Photographs from iReporter felixlace show Tokyo store shelves with dwindling food resources.
As Japan struggles to find footing after an earthquake and tsunami devastated much of the country, a nuclear threat now looms over the land as reactors suffer physical damage, allowing the release of radiation into the atmosphere.
Today, World Health Organization spokesman Peter Cordingley claimed that short-term exposure to food contaminated by radiation from Japan's damaged Fukushima Daiichi nuclear plant poses no immediate health risk. This echoes Japanese Chief Cabinet Secretary Yukio Edano's stated belief that the levels of radiation in food - while above the legal standards - do not pose any immediate health risk, and that they are mostly dangerous only if consumed repeatedly over one's lifetime.
While Dr. James Cox, an oncology professor at the MD Anderson Cancer Center in Houston, tells CNN's Thom Patterson that he believes the radiation levels measured in milk and spinach that tested positive for radioactive cesium-137 and iodine-131 isotopes pose a "nonexistent" immediate risk to humans, and "very low" long-term risk, he concedes that "radiation doses ingested through food is really very poorly understood."
The lack of definitive answers - and immediate solutions - is based largely in a lack of empirical evidence. Test subjects are limited to those affected by the 1945 nuclear attacks Nagasaki and Hiroshima and the 1986 Chernobyl nuclear plant disaster. In those cases, the research didn't focus as much on the thyroid gland and the presence of radioactive isotopes - the same iodine-131 isotopes found in current samples of milk and spinach from the region - in food.
Dr. Cox also notes that while there was a higher instance of cancer in Chernobyl residents who drank contaminated milk, its effect was inconclusive, as the subjects had been exposed to radiation in other ways.
Mr. Cordingley reports that Japanese citizens are keeping a much closer eye on the origins of their food, and sees this as "a wise practice."
Read Effect of radiation on humans still harbors mysteries
Food, not just that from Japan, has become increasingly risky stuff: antibiotics in beef from wherever, chemicals in Asian farmed fish, sprouts and green onions from the southwest that will send you to the smallest room in the house for days, if not to the E.R. or morgue,prewrapped roasts that smell like carrion when the generic saranwrap comes off.
Now, when I buy meat, it is from local ranchers, organically raised. I gotta have my green stuff, but– taking a tip from the Asians who lived for centuries without refrigeration– I stir fry it. There are more dried beans and rice on the table than in years past. They, too, have the blessings of boiling water or steam before they go down the gullet.
I can't give up the fish sauce, though; just don't think about what small creatures other than fish might have been in the vat.
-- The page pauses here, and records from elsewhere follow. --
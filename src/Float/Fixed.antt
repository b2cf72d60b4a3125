-- ===== src/Float/Fixed.antt =====
-- A number system that meets the laws of `Float` and runs: whole ten-thousandths, and NaN. The
-- witnesses of the theorems are stated over it.
pub mod Ordered
pub mod Laws
use twinval_go_backend.Prelude.{
  ℕ, zero, suc, ◌+◌, ◌*◌, ◌/◌, ◌^◌, ◌≤◌, ◌<◌, ◌≡◌, refl, ap, ◌⊎◌, inl, inr, Bool, true, false, ◌&&◌,
  arith, if◌then◌else◌,
}
use twinval_go_backend.Prelude.Int.{ℤ, pos, negsuc, pos_part, neg_part, sub_ℕ, ltb_ℤ, leb_ℤ}
use twinval_go_backend.Float.{
  Float64, IsOrdered, IsIeee, IsNum, IsFinite, fl, ◌⊕◌, ◌⊖◌, ◌⊗◌, ◌⊘◌, ◌≼◌, ◌≺◌,
}
use native.Mathlib.Nat.{mul-div_cancel_left, mul-div_left}

pub data Fixed : Type 0 where
  nan : Fixed
  fin : ℤ → Fixed

abbrev pub scale : ℕ
scale = 10_000

abbrev lift₂ : (ℤ → ℤ → ℤ) → Fixed → Fixed → Fixed
lift₂ f nan y = nan
lift₂ f (fin a) nan = nan
lift₂ f (fin a) (fin b) = fin (f a b)

abbrev pub test₂ : (ℤ → ℤ → Bool) → Fixed → Fixed → Bool
test₂ f nan y = false
test₂ f (fin a) nan = false
test₂ f (fin a) (fin b) = f a b

abbrev pub add_ℤ : ℤ → ℤ → ℤ
add_ℤ a b = sub_ℕ (pos_part a + pos_part b) (neg_part a + neg_part b)

abbrev pub minus : ℤ → ℤ → ℤ
minus a b = sub_ℕ (pos_part a + neg_part b) (neg_part a + pos_part b)

-- Rounded towards zero.
abbrev pub div_ℕ : ℤ → ℕ → ℤ
div_ℕ (pos n) k = pos (n / k)
div_ℕ (negsuc n) k = sub_ℕ 0 (suc n / k)

abbrev pub times : ℤ → ℕ → ℤ
times (pos n) k = pos (n * k)
times (negsuc n) k = sub_ℕ 0 (suc n * k)

abbrev pub negate : ℤ → ℤ
negate a = sub_ℕ (neg_part a) (pos_part a)

abbrev pub mul_ℤ : ℤ → ℤ → ℤ
mul_ℤ a (pos n) = div_ℕ (times a n) 10_000
mul_ℤ a (negsuc n) = negate (div_ℕ (times a (suc n)) 10_000)

abbrev pub quotient : ℤ → ℤ → Fixed
quotient a (pos zero) = nan
quotient a (pos (suc n)) = fin (div_ℕ (times a 10_000) (suc n))
quotient a (negsuc n) = fin (negate (div_ℕ (times a 10_000) (suc n)))

abbrev divide : Fixed → Fixed → Fixed
divide nan y = nan
divide (fin a) nan = nan
divide (fin a) (fin b) = quotient a b

abbrev choose : (ℤ → ℤ → Bool) → ℤ → ℤ → ℤ
choose f a b = if f a b then a else b

abbrev magnitude : Fixed → Fixed
magnitude nan = nan
magnitude (fin (pos n)) = fin (pos n)
magnitude (fin (negsuc n)) = fin (pos (suc n))

-- For whole exponents.
abbrev pub power_ℕ : ℤ → ℕ → ℤ
power_ℕ a zero = pos 10_000
power_ℕ a (suc n) = mul_ℤ (power_ℕ a n) a

abbrev pub power : ℤ → ℤ → ℤ
power a (pos n) = power_ℕ a (n / 10_000)
power a (negsuc n) = pos 0

abbrev is_nan_fixed : Fixed → Bool
is_nan_fixed nan = true
is_nan_fixed (fin a) = false

instance abbrev pub fixed_float : Float64 Fixed
fixed_float = record {
  decimal = λ n. fin (pos n);
  add = lift₂ add_ℤ;
  sub = lift₂ minus;
  mul = lift₂ mul_ℤ;
  div = divide;
  le = test₂ leb_ℤ;
  lt = test₂ ltb_ℤ;
  eq = test₂ (λ a b. leb_ℤ a b && leb_ℤ b a);
  abs = magnitude;
  max = lift₂ (choose (λ a b. leb_ℤ b a));
  min = lift₂ (choose leb_ℤ);
  pow = lift₂ power;
  is_nan = is_nan_fixed;
  is_inf = λ _. false;
}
Not eating food from the Gulf either. government lies to you about everything, including food 'safety.'
Paranoid much? If the gov't lies to you, then you're NOT getting a tax refund check and Sarah Palin is (to quote a buddy of mine) a liberal stooge.
I don't even know what exactly we import from Japan and finding a list online is proving to be difficult.
Food coming into the US is already be irradiated against "the bad things" so what's the difference. You get more "radiation" from your local tanning salon table anyway....
Since I can't be 100% sure that the importing and labeling laws in America are 100% fool proof, there is no way for me to tell 100% from where my food is coming. Since I've been surgically sterilized anyway, why worry about it?
ok so im donig a report about the radiation spill in japan and its BORING :)
I'm actually glad that the article brought up Hiroshima and Nagasaki. Everyone seems to have forgotten that 2 actual nuclear bombs set off over there didn't do anything to the California (or Hawaii) coast. Chernobyl... Looking pretty damn good these days. It's also worth noting that radioactive dyes are used in medical diagnosis.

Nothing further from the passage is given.